Data for analysis:

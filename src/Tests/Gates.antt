-- ===== src/Tests/Gates.antt =====
-- The gate's theorems on a gate with one on-chain challenge.
use dcr.Prelude.{
  ℕ, ◌≡◌, refl, true, [], ◌∷◌, ◌++◌, Option, none, some, length, take, drop, replicate, ◌==◌,
  if◌then◌else◌, take-append_left, drop-append_left,
}
use dcr.Prelude.Int64.{ℤ, pos, negsuc}
use dcr.Prelude.Bytes.{Bytes, Bytes-discrete, codes, lookup, insert}
use dcr.GoText.{hex_decode, hex_encode}
use dcr.L402.{decode_identifier, storage_key}
use dcr.L402.Wire.{
  marshal_binary, append_packet, append_varint, append_caveats, put_uvarint, uvarint,
  unmarshal_binary, unmarshal_body, parse_section, parse_packet, parse_caveats,
}
use dcr.Gate.{
  GateStore, OnchainChallenge, settle, new_memory, get_onchain_challenge, delete_root_key,
}
use dcr.Gate.X402.{null, Requirements, equal_semantic, json_value_equal, deep_equal}
use dcr.Gate.Verify.{Codecs, Network, PaymentPayload, ok, check_envelope, verify_onchain, read_txid}
use dcr.Gate.Settle.{
  Env, Response, Proof, admit, prove, settle_full, account_from_macaroon, response_for,
  onchain_proof, authorize_token,
}
use dcr.Gate.Once.{settles, run, settle_full_once, revoked_stays_revoked}
use dcr.Gate.Sound.{Paid, Priced, admit-Paid}
use dcr.Tests.Tokens.{crypto, token, identifier}

abbrev network : Network
network = record { caip2 = codes "bip122:298e"; hrp = codes "lndcr" }

abbrev pub entry : Requirements
entry = record {
  scheme = codes "exact";
  network = codes "bip122:298e";
  amount = codes "500";
  asset = codes "DCR";
  pay_to = codes "DsDeposit";
  max_timeout_seconds = pos 60;
  extra = codes "{}";
}

-- A transaction's id: 32 bytes in hexadecimal.
abbrev pub txid : Bytes
txid = replicate 64 b'a'

abbrev codecs : Codecs
codecs = record {
  sha256 = λ text. replicate 32 0;
  parse_json = λ text. some null;
  transfer_method = λ extra. codes "onchain";
  lightning_extra = λ extra. none;
  lightning_payload = λ payload. none;
  is_onchain_extra = λ extra. true;
  onchain_txid = λ payload. some payload;
  requirements = λ text. some entry;
  decode_invoice = λ invoice. none;
  base64_decode = λ text. some (marshal_binary token);
}

abbrev sign_of : ℤ → ℕ
sign_of (pos n) = 0
sign_of (negsuc n) = 1

abbrev size_of : ℤ → ℕ
size_of (pos n) = n
size_of (negsuc n) = n

abbrev int_of : ℕ → ℕ → ℤ
int_of s n = if s == 0 then pos n else negsuc n

abbrev write_receipt : Option Bytes → Bytes
write_receipt none = 0 ∷ []
write_receipt (some text) = 1 ∷ text

abbrev write_tail : Option (Bytes × ℤ) → Option Bytes → Bytes
write_tail none receipt = 0 ∷ write_receipt receipt
write_tail (some (value, until)) receipt =
    1 ∷ sign_of until ∷ size_of until ∷ length value ∷ (value ++ write_receipt receipt)

abbrev write_response : Response → Bytes
write_response r =
    length r.transaction
    ∷ length r.network
    ∷ length r.amount
    ∷ (r.transaction ++ (r.network ++ (r.amount ++ write_tail r.authorization r.receipt)))

abbrev read_receipt : Bytes → Option Bytes
read_receipt [] = none
read_receipt (f ∷ text) = if f == 0 then none else some text

abbrev read_auth : Bytes → Option (Bytes × ℤ) × Option Bytes
read_auth (sign ∷ size ∷ len ∷ rest) =
    (some (take len rest, int_of sign size), read_receipt (drop len rest))
read_auth _ = (none, none)

abbrev read_tail : Bytes → Option (Bytes × ℤ) × Option Bytes
read_tail [] = (none, none)
read_tail (f ∷ rest) = if f == 0 then (none, read_receipt rest) else read_auth rest

abbrev response_of : Bytes → Bytes → Bytes → Option (Bytes × ℤ) × Option Bytes → Option Response
response_of t n a (authorization, receipt) = some (record {
  transaction = t;
  network = n;
  amount = a;
  authorization = authorization;
  receipt = receipt;
})

read_tail-write_tail :
    (authorization : Option (Bytes × ℤ)) (receipt : Option Bytes)
    → read_tail (write_tail authorization receipt) ≡ (authorization, receipt)
read_tail-write_tail none none = refl
read_tail-write_tail none (some text) = refl
read_tail-write_tail (some (value, pos u)) none =
    rw (take-append_left value (write_receipt none), drop-append_left value (write_receipt none))
      refl
read_tail-write_tail (some (value, negsuc u)) none =
    rw (take-append_left value (write_receipt none), drop-append_left value (write_receipt none))
      refl
read_tail-write_tail (some (value, pos u)) (some text) =
    rw
      (
        take-append_left value (write_receipt (some text)),
        drop-append_left value (write_receipt (some text)),
      )
      refl
read_tail-write_tail (some (value, negsuc u)) (some text) =
    rw
      (
        take-append_left value (write_receipt (some text)),
        drop-append_left value (write_receipt (some text)),
      )
      refl

abbrev read_response : Bytes → Option Response
read_response (t ∷ n ∷ a ∷ body) =
    let after_t = drop t body in
    let after_n = drop n after_t in
    response_of (take t body) (take n after_t) (take a after_n) (read_tail (drop a after_n))
read_response _ = none

-- The length prefixes let a reader split the texts again.
pub read-write : (r : Response) → read_response (write_response r) ≡ some r
read-write r =
    let tail = write_tail r.authorization r.receipt in
    let rest = r.network ++ (r.amount ++ tail) in
    rw
      (
        take-append_left r.transaction rest,
        drop-append_left r.transaction rest,
        take-append_left r.network (r.amount ++ tail),
        drop-append_left r.network (r.amount ++ tail),
        take-append_left r.amount tail,
        drop-append_left r.amount tail,
        read_tail-write_tail r.authorization r.receipt,
      )
      refl

abbrev pub env : Env
env = record {
  codecs = codecs;
  responses = record {
    marshal = write_response;
    unmarshal = read_response;
    unmarshal-marshal = read-write;
    sign = λ url r now. none;
  };
  network = network;
  service = codes "api";
  lookup_invoice = λ hash. none;
  lookup_deposit = some (λ id address.
      some (record { found = true; amount_to_address_atoms = pos 500; confirmations = pos 3 }));
}

abbrev pub challenge : OnchainChallenge
challenge = record {
  address = codes "DsDeposit";
  requirements = codes "{}";
  resource = codes "/api";
  amount_atoms = pos 500;
  confirmations = pos 2;
  macaroon_b64 = codes "token";
  root_key_id = [];
  credential_preimage = codes "00";
  created_at = 1;
  expires_at = 100;
}

abbrev pub store : GateStore
store = record new_memory { onchain = (codes "DsDeposit", challenge) ∷ [] }

abbrev pub payload : PaymentPayload
payload = record { version = pos 2; resource = []; accepted = entry; payload = txid }

abbrev pub proof : Proof
proof = onchain_proof env (challenge, txid)

abbrev pub account : Bytes
account = hex_encode (replicate 32 7)

admits : admit env store payload (pos 400) 50 ≡ ok (proof, account)
unfolding admit prove check_envelope verify_onchain read_txid get_onchain_challenge equal_semantic
    json_value_equal deep_equal account_from_macaroon hex_decode lookup marshal_binary append_packet
    append_caveats append_varint put_uvarint uvarint unmarshal_binary unmarshal_body parse_section
    parse_packet parse_caveats decode_identifier Bytes-discrete
admits = refl

admit-Paid_example : Paid env store payload 50 proof × Priced (pos 400) proof
admit-Paid_example = admit-Paid env store payload (pos 400) 50 proof account admits

settle_full_once_example :
    let m' = run (settle_full env store payload (pos 400) 50).1 [] in
    settle_full env m' payload (pos 300) 60 ≡ (
      ok (record {
        response = response_for env payload proof 50;
        already = true;
        account_id = account;
        rail = proof.rail;
        external_ref = proof.external_ref;
        amount_atoms = proof.amount_atoms;
      }),
      m',
    )
unfolding admit prove check_envelope verify_onchain read_txid get_onchain_challenge equal_semantic
    json_value_equal deep_equal account_from_macaroon hex_decode lookup marshal_binary append_packet
    append_caveats append_varint put_uvarint uvarint unmarshal_binary unmarshal_body parse_section
    parse_packet parse_caveats decode_identifier settle_full settle run insert Bytes-discrete
settle_full_once_example =
    settle_full_once env store payload payload (pos 400) (pos 300) 50 60 proof proof account account
      [] refl refl refl refl

revoked_stays_revoked_example :
    authorize_token env crypto
      (run (delete_root_key store (storage_key crypto identifier)) (settles (codes "hash") [] ∷ []))
      (token ∷ [])
      (codes "00")
      7
    ≡ none
unfolding decode_identifier
revoked_stays_revoked_example =
    revoked_stays_revoked env crypto store token [] identifier (codes "00") 7
      (settles (codes "hash") [] ∷ []) refl tt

Exercise instructions: Extract every line from the one with "proof = onchain_proof env (challenge, txid)" down to the final line above, both included, exactly as written.

Output of the task:
proof = onchain_proof env (challenge, txid)

abbrev pub account : Bytes
account = hex_encode (replicate 32 7)

admits : admit env store payload (pos 400) 50 ≡ ok (proof, account)
unfolding admit prove check_envelope verify_onchain read_txid get_onchain_challenge equal_semantic
    json_value_equal deep_equal account_from_macaroon hex_decode lookup marshal_binary append_packet
    append_caveats append_varint put_uvarint uvarint unmarshal_binary unmarshal_body parse_section
    parse_packet parse_caveats decode_identifier Bytes-discrete
admits = refl

admit-Paid_example : Paid env store payload 50 proof × Priced (pos 400) proof
admit-Paid_example = admit-Paid env store payload (pos 400) 50 proof account admits

settle_full_once_example :
    let m' = run (settle_full env store payload (pos 400) 50).1 [] in
    settle_full env m' payload (pos 300) 60 ≡ (
      ok (record {
        response = response_for env payload proof 50;
        already = true;
        account_id = account;
        rail = proof.rail;
        external_ref = proof.external_ref;
        amount_atoms = proof.amount_atoms;
      }),
      m',
    )
unfolding admit prove check_envelope verify_onchain read_txid get_onchain_challenge equal_semantic
    json_value_equal deep_equal account_from_macaroon hex_decode lookup marshal_binary append_packet
    append_caveats append_varint put_uvarint uvarint unmarshal_binary unmarshal_body parse_section
    parse_packet parse_caveats decode_identifier settle_full settle run insert Bytes-discrete
settle_full_once_example =
    settle_full_once env store payload payload (pos 400) (pos 300) 50 60 proof proof account account
      [] refl refl refl refl

revoked_stays_revoked_example :
    authorize_token env crypto
      (run (delete_root_key store (storage_key crypto identifier)) (settles (codes "hash") [] ∷ []))
      (token ∷ [])
      (codes "00")
      7
    ≡ none
unfolding decode_identifier
revoked_stays_revoked_example =
    revoked_stays_revoked env crypto store token [] identifier (codes "00") 7
      (settles (codes "hash") [] ∷ []) refl tt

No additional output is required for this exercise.